## Exercise
Go over the listing below line by line, and return each one holding the string "lookup".

## Data to use
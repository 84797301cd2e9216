-- ===== src/Workers/Tests.antt =====
-- A pool of two shards at work.
use cor_rest.Base.{◌==◌, ℕ, ◌%◌, ◌≡◌, refl, true, false, none, List, [], ◌∷◌, arith}
use cor_rest.Response.Chunk.{plus}
use cor_rest.Workers.{
  set_at, shard_of, worker_enqueue, worker_take, worker_main, start_threads, worker_pool_start, Job,
  Pool, waits, leaves, takes, finishes, resumes,
}
use cor_rest.Workers.Queue.{mem, distinct}
use cor_rest.Workers.Refines.{worker_enqueue-Represents, Represents}
use cor_rest.Workers.Runs.{run, run_lists, is_orderly, run-run_lists, Event, arrives, looks}
use cor_rest.Workers.Drain.{worker_main-drains}
use cor_rest.Workers.Start.{served, worker_pool_start-serves, worker_pool_start-Represents}

-- Request n is of shard n % 3; there is no third shard. Request 4 was answered.
abbrev demo_job : ℕ → Job
demo_job n = record {
  shard = plus (n % 3);
  async_next = none;
  async_processed = false;
  async_finishing = n == 4;
}

abbrev cold : Pool
cold = record {
  queue_v = λ s. record { first = none; final = none };
  shards = 2;
  workers_run = false;
  worker_v = none;
  jobs = demo_job;
  dispatch_inline = 0;
  dispatch_handed_off = 0;
}

abbrev warm : Pool
warm = (worker_pool_start true (λ i. true) 3 cold).1

warm-Represents : Represents warm (λ s. [])
warm-Represents = worker_pool_start-Represents (λ i. true) 3 cold (omega arith)

abbrev demo_home : ℕ → ℕ
demo_home n = shard_of 2 (plus (n % 3))

abbrev demo_events : List Event
demo_events =
    arrives 1
    ∷ arrives 2
    ∷ arrives 4
    ∷ looks 1
    ∷ looks 0
    ∷ looks 0
    ∷ arrives 1
    ∷ looks 1
    ∷ looks 1
    ∷ []

first_come_first_taken :
    (run demo_events warm).0 ≡ takes 1 ∷ takes 2 ∷ waits ∷ takes 4 ∷ takes 1 ∷ []
unfolding run worker_pool_start start_threads worker_enqueue shard_of worker_take
first_come_first_taken = refl

run-run_lists_example : (run demo_events warm).0 ≡ run_lists demo_home true demo_events (λ s. [])
unfolding worker_pool_start is_orderly shard_of mem
run-run_lists_example =
    run-run_lists demo_events demo_home warm (λ s. []) warm-Represents (λ c. refl) refl

abbrev busy : Pool
busy = worker_enqueue 4 (worker_enqueue 1 cold)

abbrev busy_lists : ℕ → List ℕ
busy_lists = set_at 1 (1 ∷ 4 ∷ []) (set_at 1 (1 ∷ []) (λ s. []))

cold-Represents : Represents cold (λ s. [])
unfolding distinct mem
cold-Represents = record {
  some_shards = omega arith;
  chains = λ s h. refl;
  lasts = λ s h. refl;
  once = λ s h. refl;
  own = λ s c h inside. absurd (ground (arith, inside));
}

busy-Represents : Represents busy busy_lists
unfolding shard_of mem worker_enqueue
busy-Represents =
    worker_enqueue-Represents (worker_enqueue 1 cold) (set_at 1 (1 ∷ []) (λ s. [])) 4
      (worker_enqueue-Represents cold (λ s. []) 1 cold-Represents refl) refl

worker_main-drains_example :
    ((worker_main 3 1 busy).0 ≡ resumes 1 ∷ finishes 4 ∷ []) × ((worker_main 3 1 busy).1 ≡ leaves)
unfolding worker_enqueue shard_of
worker_main-drains_example =
    worker_main-drains 3 busy busy_lists 1 busy-Represents refl (omega arith) (omega arith)

worker_pool_start-serves_example : mem 1 (served warm) ≡ true
unfolding worker_pool_start start_threads
worker_pool_start-serves_example =
    worker_pool_start-serves true (λ i. true) 3 cold 1 (omega arith) refl (omega arith)
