-- ===== src/Examples/Nodes.antt =====
-- Nodes of a cluster at concrete inputs.
use keva.Cluster.Quorums.{count, finish_election-one_leader}
use keva.Prelude.{
  Bool-cases, bytes_eq→eq, sym, ap, ◌∙◌, if◌then◌else◌, ◌+◌, ◌≡◌, ◌≢◌, ◌⊎◌, inl, inr, refl, Bool,
  true, some, List, [], ◌∷◌, arith, Bytes, bytes_eq, put_uint16, put_uint32, put_uint64, ok,
}
use keva.Time.{unix_epoch, add_duration}
use keva.Map.{lookup, insert}
use keva.Int64.{gt64, add64, sub64}
use keva.Shard.{evict}
use keva.Eviction.{before_write, over_budget}
use keva.Wal.{encode}
use keva.Wal.Writer.{append_set}
use keva.Store.{shard_set}
use keva.Store.KvStore.{set_with_expiry}
use keva.Protocol.Message.{set_request}
use keva.Cluster.Raft.{
  candidate, finish_election, quorum, RaftState, new_raft_state, start_election, election_timeout,
  handle_vote_request, adopt_term, cast_vote,
}
use keva.Cluster.Votes.{
  Event, vote_request, elect, timeout, In, AllNamed, run, step, vote_if, run-one_vote,
}
use keva.Cluster.Node.{Node, Leader, new_leader, node_set, node_get, expiry, after_write}
use keva.Cluster.Node.Sent.{Deadline}
use keva.Cluster.Node.Replica.{Broadcasted, node_get-node_set, leader-node_set}
use keva.Engine.{World, dispatch}
use keva.Engine.Total.{IsAnswered, dispatch-IsAnswered}
use keva.Examples.Stores.{range, key, value, disk, store, store-IsReady}

abbrev pub peers : List Bytes
peers = (1 ∷ []) ∷ (2 ∷ []) ∷ (3 ∷ []) ∷ []

abbrev pub raft : RaftState
raft = new_raft_state (1 ∷ []) peers

-- an election of its own in the term 1, and a request of another candidate for the same term
abbrev events : List Event
events =
    timeout
    ∷ elect
    ∷ vote_request (record { term = 1; candidate_id = 2 ∷ []; last_log_index = 0 })
    ∷ vote_request (record { term = 2; candidate_id = 3 ∷ []; last_log_index = 0 })
    ∷ []

-- the votes of the run: for itself, and then in the term 2
votes : (run events raft).0 ≡ (1, 1 ∷ []) ∷ (2, 3 ∷ []) ∷ []
unfolding run step start_election handle_vote_request adopt_term cast_vote vote_if bytes_eq
    election_timeout
votes = refl

events-AllNamed : AllNamed events raft
events-AllNamed =
    unfold step election_timeout start_election in
    (tt, ((λ e. cc e, omega arith), (λ e. cc e, (λ e. cc e, tt))))

voted : In (2, 3 ∷ []) (run events raft).0
unfolding run step start_election handle_vote_request adopt_term cast_vote vote_if bytes_eq
    election_timeout
voted = inr (inl refl)

run-one_vote_example : Path Bytes (3 ∷ []) (3 ∷ [])
run-one_vote_example =
    run-one_vote events raft events-AllNamed (2, 3 ∷ []) (2, 3 ∷ []) voted voted refl

abbrev pub node : Node
node = record { db = store; default_ttl = 100; raft = raft; leader = some new_leader }

abbrev alive : Bytes → Bool
alive addr = true

node_set_ok : (node_set disk range alive unix_epoch unix_epoch key value 0 node).0 ≡ ok tt
unfolding node_set after_write expiry add_duration set_with_expiry append_set encode put_uint16
    put_uint32 put_uint64 shard_set before_write evict lookup insert bytes_eq over_budget gt64 add64
    sub64
node_set_ok = refl

-- a time to live that is not positive asks for the default
by_default : Deadline unix_epoch 0 100 (unix_epoch + 100)
by_default = Deadline.default (inl refl) (omega arith) refl

node_get-node_set_example :
    (node_get
      (unix_epoch + 50)
      key
      (node_set disk range alive unix_epoch unix_epoch key value 0 node).1).0
    ≡ ok value
node_get-node_set_example =
    node_get-node_set disk range alive unix_epoch unix_epoch key value 0 node (unix_epoch + 100)
      by_default (unix_epoch + 50) store-IsReady node_set_ok

-- a leader with two followers
abbrev leads : Leader
leads = record {
  followers = record { addr = 2 ∷ []; sent = [] } ∷ record { addr = 3 ∷ []; sent = [] } ∷ [];
  log_index = 7;
}

leader-node_set_example :
    let m =
      node_set disk range alive unix_epoch unix_epoch key value 9
        (record node { leader = some leads }) in
    ((m.0 ≡ ok tt)
      × (l : Leader) × (m.1.leader ≡ some l)
      × Broadcasted disk range alive unix_epoch unix_epoch key value 9
          (record node { leader = some leads })
          (unix_epoch + 9)
          (Deadline.asked (omega arith) (omega arith) refl)
          leads
          l)
    ⊎ ((m.0 ≢ ok tt) × (m.1.leader ≡ some leads))
leader-node_set_example =
    leader-node_set disk range alive unix_epoch unix_epoch key value 9
      (record node { leader = some leads }) (unix_epoch + 9)
      (Deadline.asked (omega arith) (omega arith) refl) leads refl

abbrev pub world : World
world = record {
  disk = disk;
  range = range;
  alive = alive;
  now = unix_epoch;
  later = unix_epoch;
  texts = record { of_error = λ e. []; key_not_found = []; ok = [] };
  others = λ n. n;
}

dispatch-IsAnswered_example :
    IsAnswered (dispatch world (set_request (record { key = key; value = value; ttl = 9 })) node)
dispatch-IsAnswered_example =
    dispatch-IsAnswered world node store-IsReady
      (set_request (record { key = key; value = value; ttl = 9 }))

-- a cluster of three, of which the first stands for the term 1 and the others are asked for a vote
abbrev first : Bytes
first = 1 ∷ []

abbrev ballot : List Event
ballot = vote_request (record { term = 1; candidate_id = first; last_log_index = 0 }) ∷ []

abbrev cluster_events : Bytes → List Event
cluster_events p = if bytes_eq p first then timeout ∷ elect ∷ [] else ballot

abbrev cluster_starts : Bytes → RaftState
cluster_starts p = new_raft_state p peers

cluster-AllNamed : (p : Bytes) → AllNamed (cluster_events p) (cluster_starts p)
cluster-AllNamed p = elim (Bool-cases (bytes_eq p first)) [
  | inl e ↦
      let named : p ≢ [] = λ q. cc (sym (bytes_eq→eq p first e) ∙ q) in
      rw e (unfold step election_timeout in (tt, ((named, omega arith), tt)))
  | inr e ↦ rw e ((λ q. cc q), tt)
]

abbrev winner : RaftState
winner = record raft { current_term = 1; voted_for = first; role = candidate }

cluster_votes :
    (p : Bytes) → true ≡ true → In (1, first) (run (cluster_events p) (cluster_starts p)).0
unfolding run step start_election handle_vote_request adopt_term cast_vote vote_if election_timeout
cluster_votes p h = elim (Bool-cases (bytes_eq p first)) [
  | inl e ↦ rw e (inl (ap (λ x. (1, x)) (sym (bytes_eq→eq p first e))))
  | inr e ↦ rw e (unfold bytes_eq in inl refl)
]

won : (finish_election 1 (count (λ p. true) winner.peers) winner).0 ≡ true
unfolding finish_election count quorum
won = refl

finish_election-one_leader_example : winner.node_addr ≡ winner.node_addr
finish_election-one_leader_example =
    finish_election-one_leader cluster_events cluster_starts cluster-AllNamed 1 (λ p. true)
      (λ p. true) winner winner refl cluster_votes cluster_votes won won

## Final answer
use keva.Map.{lookup, insert}
    put_uint32 put_uint64 shard_set before_write evict lookup insert bytes_eq over_budget gt64 add64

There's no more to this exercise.